# WORK TASK
Return every entry in full, with no alterations.

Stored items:

=== Section Start ===

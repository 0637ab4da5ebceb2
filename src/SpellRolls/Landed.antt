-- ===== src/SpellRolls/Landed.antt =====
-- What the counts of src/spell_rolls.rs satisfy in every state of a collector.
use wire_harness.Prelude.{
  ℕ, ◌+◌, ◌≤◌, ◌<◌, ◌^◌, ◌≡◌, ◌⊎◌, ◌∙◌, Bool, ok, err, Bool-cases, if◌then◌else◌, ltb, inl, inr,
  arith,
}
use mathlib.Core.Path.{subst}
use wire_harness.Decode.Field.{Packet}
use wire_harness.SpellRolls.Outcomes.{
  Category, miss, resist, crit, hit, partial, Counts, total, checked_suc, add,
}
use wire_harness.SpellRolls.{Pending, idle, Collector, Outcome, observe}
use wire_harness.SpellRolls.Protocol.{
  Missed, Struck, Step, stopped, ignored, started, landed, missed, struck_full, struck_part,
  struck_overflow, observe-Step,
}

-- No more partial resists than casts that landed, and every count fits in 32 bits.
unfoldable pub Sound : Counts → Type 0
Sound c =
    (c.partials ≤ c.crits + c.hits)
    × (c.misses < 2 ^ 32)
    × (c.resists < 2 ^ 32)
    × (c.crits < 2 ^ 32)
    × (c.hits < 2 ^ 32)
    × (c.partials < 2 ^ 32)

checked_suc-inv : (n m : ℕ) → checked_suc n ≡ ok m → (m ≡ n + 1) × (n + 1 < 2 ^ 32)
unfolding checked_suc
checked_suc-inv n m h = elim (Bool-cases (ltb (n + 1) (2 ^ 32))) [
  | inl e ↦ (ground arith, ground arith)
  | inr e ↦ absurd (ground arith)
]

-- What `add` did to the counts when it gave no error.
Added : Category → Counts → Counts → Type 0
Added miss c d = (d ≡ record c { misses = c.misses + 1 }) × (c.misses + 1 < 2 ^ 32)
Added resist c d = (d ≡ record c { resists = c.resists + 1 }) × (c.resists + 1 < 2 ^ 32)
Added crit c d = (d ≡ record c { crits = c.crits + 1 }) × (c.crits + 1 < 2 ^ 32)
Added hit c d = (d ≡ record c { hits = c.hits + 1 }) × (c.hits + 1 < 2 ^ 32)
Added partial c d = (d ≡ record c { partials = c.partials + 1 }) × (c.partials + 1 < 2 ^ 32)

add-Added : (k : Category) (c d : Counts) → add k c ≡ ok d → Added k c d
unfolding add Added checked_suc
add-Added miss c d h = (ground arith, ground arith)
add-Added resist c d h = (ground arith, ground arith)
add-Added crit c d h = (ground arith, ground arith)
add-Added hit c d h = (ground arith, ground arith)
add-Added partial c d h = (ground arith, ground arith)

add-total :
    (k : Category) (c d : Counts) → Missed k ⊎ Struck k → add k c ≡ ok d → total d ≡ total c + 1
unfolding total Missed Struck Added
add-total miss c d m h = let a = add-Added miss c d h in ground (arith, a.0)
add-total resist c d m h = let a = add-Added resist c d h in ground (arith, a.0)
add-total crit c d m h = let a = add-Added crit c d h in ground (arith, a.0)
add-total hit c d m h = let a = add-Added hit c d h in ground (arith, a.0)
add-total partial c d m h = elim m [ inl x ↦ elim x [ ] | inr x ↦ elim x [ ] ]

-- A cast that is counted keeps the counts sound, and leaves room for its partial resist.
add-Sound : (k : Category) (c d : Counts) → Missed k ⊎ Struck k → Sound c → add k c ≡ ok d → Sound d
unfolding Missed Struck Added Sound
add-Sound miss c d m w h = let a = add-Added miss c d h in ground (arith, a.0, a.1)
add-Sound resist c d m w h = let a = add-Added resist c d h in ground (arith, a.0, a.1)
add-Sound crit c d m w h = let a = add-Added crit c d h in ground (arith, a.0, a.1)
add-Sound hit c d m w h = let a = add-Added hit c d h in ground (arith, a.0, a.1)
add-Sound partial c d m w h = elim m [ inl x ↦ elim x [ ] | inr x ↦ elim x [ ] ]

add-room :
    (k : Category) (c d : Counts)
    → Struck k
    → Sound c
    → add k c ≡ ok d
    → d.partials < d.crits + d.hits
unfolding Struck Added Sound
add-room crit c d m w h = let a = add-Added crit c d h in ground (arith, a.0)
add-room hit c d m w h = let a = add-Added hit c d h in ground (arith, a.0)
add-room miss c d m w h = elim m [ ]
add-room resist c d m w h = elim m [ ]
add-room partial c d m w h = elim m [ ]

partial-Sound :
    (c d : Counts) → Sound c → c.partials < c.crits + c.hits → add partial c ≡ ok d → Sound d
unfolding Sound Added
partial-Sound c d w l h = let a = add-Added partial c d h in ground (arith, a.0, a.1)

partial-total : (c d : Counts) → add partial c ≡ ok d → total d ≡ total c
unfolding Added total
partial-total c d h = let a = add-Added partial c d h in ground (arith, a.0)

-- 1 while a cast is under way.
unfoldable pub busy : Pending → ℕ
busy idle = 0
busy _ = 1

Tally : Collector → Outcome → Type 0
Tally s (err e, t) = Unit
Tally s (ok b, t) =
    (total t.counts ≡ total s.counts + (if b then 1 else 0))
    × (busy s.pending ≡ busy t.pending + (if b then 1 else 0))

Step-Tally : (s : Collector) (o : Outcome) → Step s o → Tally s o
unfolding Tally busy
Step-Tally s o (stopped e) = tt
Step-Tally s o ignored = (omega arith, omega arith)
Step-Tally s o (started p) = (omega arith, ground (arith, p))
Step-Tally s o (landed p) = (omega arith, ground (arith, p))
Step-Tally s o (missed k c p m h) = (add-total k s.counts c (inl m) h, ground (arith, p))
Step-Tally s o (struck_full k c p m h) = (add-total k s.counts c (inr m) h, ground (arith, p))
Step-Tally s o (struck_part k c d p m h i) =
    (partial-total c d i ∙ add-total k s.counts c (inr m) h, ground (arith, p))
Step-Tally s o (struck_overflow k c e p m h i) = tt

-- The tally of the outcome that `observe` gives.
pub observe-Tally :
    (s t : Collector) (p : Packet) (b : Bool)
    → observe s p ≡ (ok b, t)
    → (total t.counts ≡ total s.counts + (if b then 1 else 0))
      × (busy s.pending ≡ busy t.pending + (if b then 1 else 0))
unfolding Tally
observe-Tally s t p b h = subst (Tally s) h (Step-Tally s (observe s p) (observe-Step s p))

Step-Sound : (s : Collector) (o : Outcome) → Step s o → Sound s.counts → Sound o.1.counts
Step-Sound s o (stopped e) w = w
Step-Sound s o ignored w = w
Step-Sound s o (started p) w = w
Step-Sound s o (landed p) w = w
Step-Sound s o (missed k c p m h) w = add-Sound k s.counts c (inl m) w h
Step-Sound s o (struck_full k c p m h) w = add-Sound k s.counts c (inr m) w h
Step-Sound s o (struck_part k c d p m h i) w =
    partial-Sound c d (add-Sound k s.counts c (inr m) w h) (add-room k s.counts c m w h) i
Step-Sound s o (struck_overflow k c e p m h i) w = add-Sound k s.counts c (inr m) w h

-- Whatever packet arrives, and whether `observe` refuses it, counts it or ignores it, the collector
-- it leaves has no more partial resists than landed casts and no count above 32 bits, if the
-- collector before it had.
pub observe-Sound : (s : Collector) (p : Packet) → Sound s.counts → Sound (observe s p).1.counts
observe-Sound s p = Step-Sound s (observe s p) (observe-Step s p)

=== Section End ===

# TASK SOLUTION
repository 0637ab4da5ebceb2
filename src/SpellRolls/Landed.antt
-- ===== src/SpellRolls/Landed.antt =====
-- What the counts of src/spell_rolls.rs satisfy in every state of a collector.
use wire_harness.Prelude.{
  ℕ, ◌+◌, ◌≤◌, ◌<◌, ◌^◌, ◌≡◌, ◌⊎◌, ◌∙◌, Bool, ok, err, Bool-cases, if◌then◌else◌, ltb, inl, inr,
  arith,
}
use mathlib.Core.Path.{subst}
use wire_harness.Decode.Field.{Packet}
use wire_harness.SpellRolls.Outcomes.{
  Category, miss, resist, crit, hit, partial, Counts, total, checked_suc, add,
}
use wire_harness.SpellRolls.{Pending, idle, Collector, Outcome, observe}
use wire_harness.SpellRolls.Protocol.{
  Missed, Struck, Step, stopped, ignored, started, landed, missed, struck_full, struck_part,
  struck_overflow, observe-Step,
}

-- No more partial resists than casts that landed, and every count fits in 32 bits.
unfoldable pub Sound : Counts → Type 0
Sound c =
    (c.partials ≤ c.crits + c.hits)
    × (c.misses < 2 ^ 32)
    × (c.resists < 2 ^ 32)
    × (c.crits < 2 ^ 32)
    × (c.hits < 2 ^ 32)
    × (c.partials < 2 ^ 32)

checked_suc-inv : (n m : ℕ) → checked_suc n ≡ ok m → (m ≡ n + 1) × (n + 1 < 2 ^ 32)
unfolding checked_suc
checked_suc-inv n m h = elim (Bool-cases (ltb (n + 1) (2 ^ 32))) [
  | inl e ↦ (ground arith, ground arith)
  | inr e ↦ absurd (ground arith)
]

-- What `add` did to the counts when it gave no error.
Added : Category → Counts → Counts → Type 0
Added miss c d = (d ≡ record c { misses = c.misses + 1 }) × (c.misses + 1 < 2 ^ 32)
Added resist c d = (d ≡ record c { resists = c.resists + 1 }) × (c.resists + 1 < 2 ^ 32)
Added crit c d = (d ≡ record c { crits = c.crits + 1 }) × (c.crits + 1 < 2 ^ 32)
Added hit c d = (d ≡ record c { hits = c.hits + 1 }) × (c.hits + 1 < 2 ^ 32)
Added partial c d = (d ≡ record c { partials = c.partials + 1 }) × (c.partials + 1 < 2 ^ 32)

add-Added : (k : Category) (c d : Counts) → add k c ≡ ok d → Added k c d
unfolding add Added checked_suc
add-Added miss c d h = (ground arith, ground arith)
add-Added resist c d h = (ground arith, ground arith)
add-Added crit c d h = (ground arith, ground arith)
add-Added hit c d h = (ground arith, ground arith)
add-Added partial c d h = (ground arith, ground arith)

add-total :
    (k : Category) (c d : Counts) → Missed k ⊎ Struck k → add k c ≡ ok d → total d ≡ total c + 1
unfolding total Missed Struck Added
add-total miss c d m h = let a = add-Added miss c d h in ground (arith, a.0)
add-total resist c d m h = let a = add-Added resist c d h in ground (arith, a.0)
add-total crit c d m h = let a = add-Added crit c d h in ground (arith, a.0)
add-total hit c d m h = let a = add-Added hit c d h in ground (arith, a.0)
add-total partial c d m h = elim m [ inl x ↦ elim x [ ] | inr x ↦ elim x [ ] ]

-- A cast that is counted keeps the counts sound, and leaves room for its partial resist.
add-Sound : (k : Category) (c d : Counts) → Missed k ⊎ Struck k → Sound c → add k c ≡ ok d → Sound d
unfolding Missed Struck Added Sound
add-Sound miss c d m w h = let a = add-Added miss c d h in ground (arith, a.0, a.1)
add-Sound resist c d m w h = let a = add-Added resist c d h in ground (arith, a.0, a.1)
add-Sound crit c d m w h = let a = add-Added crit c d h in ground (arith, a.0, a.1)
add-Sound hit c d m w h = let a = add-Added hit c d h in ground (arith, a.0, a.1)
add-Sound partial c d m w h = elim m [ inl x ↦ elim x [ ] | inr x ↦ elim x [ ] ]

add-room :
    (k : Category) (c d : Counts)
    → Struck k
    → Sound c
    → add k c ≡ ok d
    → d.partials < d.crits + d.hits
unfolding Struck Added Sound
add-room crit c d m w h = let a = add-Added crit c d h in ground (arith, a.0)
add-room hit c d m w h = let a = add-Added hit c d h in ground (arith, a.0)
add-room miss c d m w h = elim m [ ]
add-room resist c d m w h = elim m [ ]
add-room partial c d m w h = elim m [ ]

partial-Sound :
    (c d : Counts) → Sound c → c.partials < c.crits + c.hits → add partial c ≡ ok d → Sound d
unfolding Sound Added
partial-Sound c d w l h = let a = add-Added partial c d h in ground (arith, a.0, a.1)

partial-total : (c d : Counts) → add partial c ≡ ok d → total d ≡ total c
unfolding Added total
partial-total c d h = let a = add-Added partial c d h in ground (arith, a.0)

-- 1 while a cast is under way.
unfoldable pub busy : Pending → ℕ
busy idle = 0
busy _ = 1

Tally : Collector → Outcome → Type 0
Tally s (err e, t) = Unit
Tally s (ok b, t) =
    (total t.counts ≡ total s.counts + (if b then 1 else 0))
    × (busy s.pending ≡ busy t.pending + (if b then 1 else 0))

Step-Tally : (s : Collector) (o : Outcome) → Step s o → Tally s o
unfolding Tally busy
Step-Tally s o (stopped e) = tt
Step-Tally s o ignored = (omega arith, omega arith)
Step-Tally s o (started p) = (omega arith, ground (arith, p))
Step-Tally s o (landed p) = (omega arith, ground (arith, p))
Step-Tally s o (missed k c p m h) = (add-total k s.counts c (inl m) h, ground (arith, p))
Step-Tally s o (struck_full k c p m h) = (add-total k s.counts c (inr m) h, ground (arith, p))
Step-Tally s o (struck_part k c d p m h i) =
    (partial-total c d i ∙ add-total k s.counts c (inr m) h, ground (arith, p))
Step-Tally s o (struck_overflow k c e p m h i) = tt

-- The tally of the outcome that `observe` gives.
pub observe-Tally :
    (s t : Collector) (p : Packet) (b : Bool)
    → observe s p ≡ (ok b, t)
    → (total t.counts ≡ total s.counts + (if b then 1 else 0))
      × (busy s.pending ≡ busy t.pending + (if b then 1 else 0))
unfolding Tally
observe-Tally s t p b h = subst (Tally s) h (Step-Tally s (observe s p) (observe-Step s p))

Step-Sound : (s : Collector) (o : Outcome) → Step s o → Sound s.counts → Sound o.1.counts
Step-Sound s o (stopped e) w = w
Step-Sound s o ignored w = w
Step-Sound s o (started p) w = w
Step-Sound s o (landed p) w = w
Step-Sound s o (missed k c p m h) w = add-Sound k s.counts c (inl m) w h
Step-Sound s o (struck_full k c p m h) w = add-Sound k s.counts c (inr m) w h
Step-Sound s o (struck_part k c d p m h i) w =
    partial-Sound c d (add-Sound k s.counts c (inr m) w h) (add-room k s.counts c m w h) i
Step-Sound s o (struck_overflow k c e p m h i) w = add-Sound k s.counts c (inr m) w h

-- Whatever packet arrives, and whether `observe` refuses it, counts it or ignores it, the collector
-- it leaves has no more partial resists than landed casts and no count above 32 bits, if the
-- collector before it had.
pub observe-Sound : (s : Collector) (p : Packet) → Sound s.counts → Sound (observe s p).1.counts
observe-Sound s p = Step-Sound s (observe s p) (observe-Step s p)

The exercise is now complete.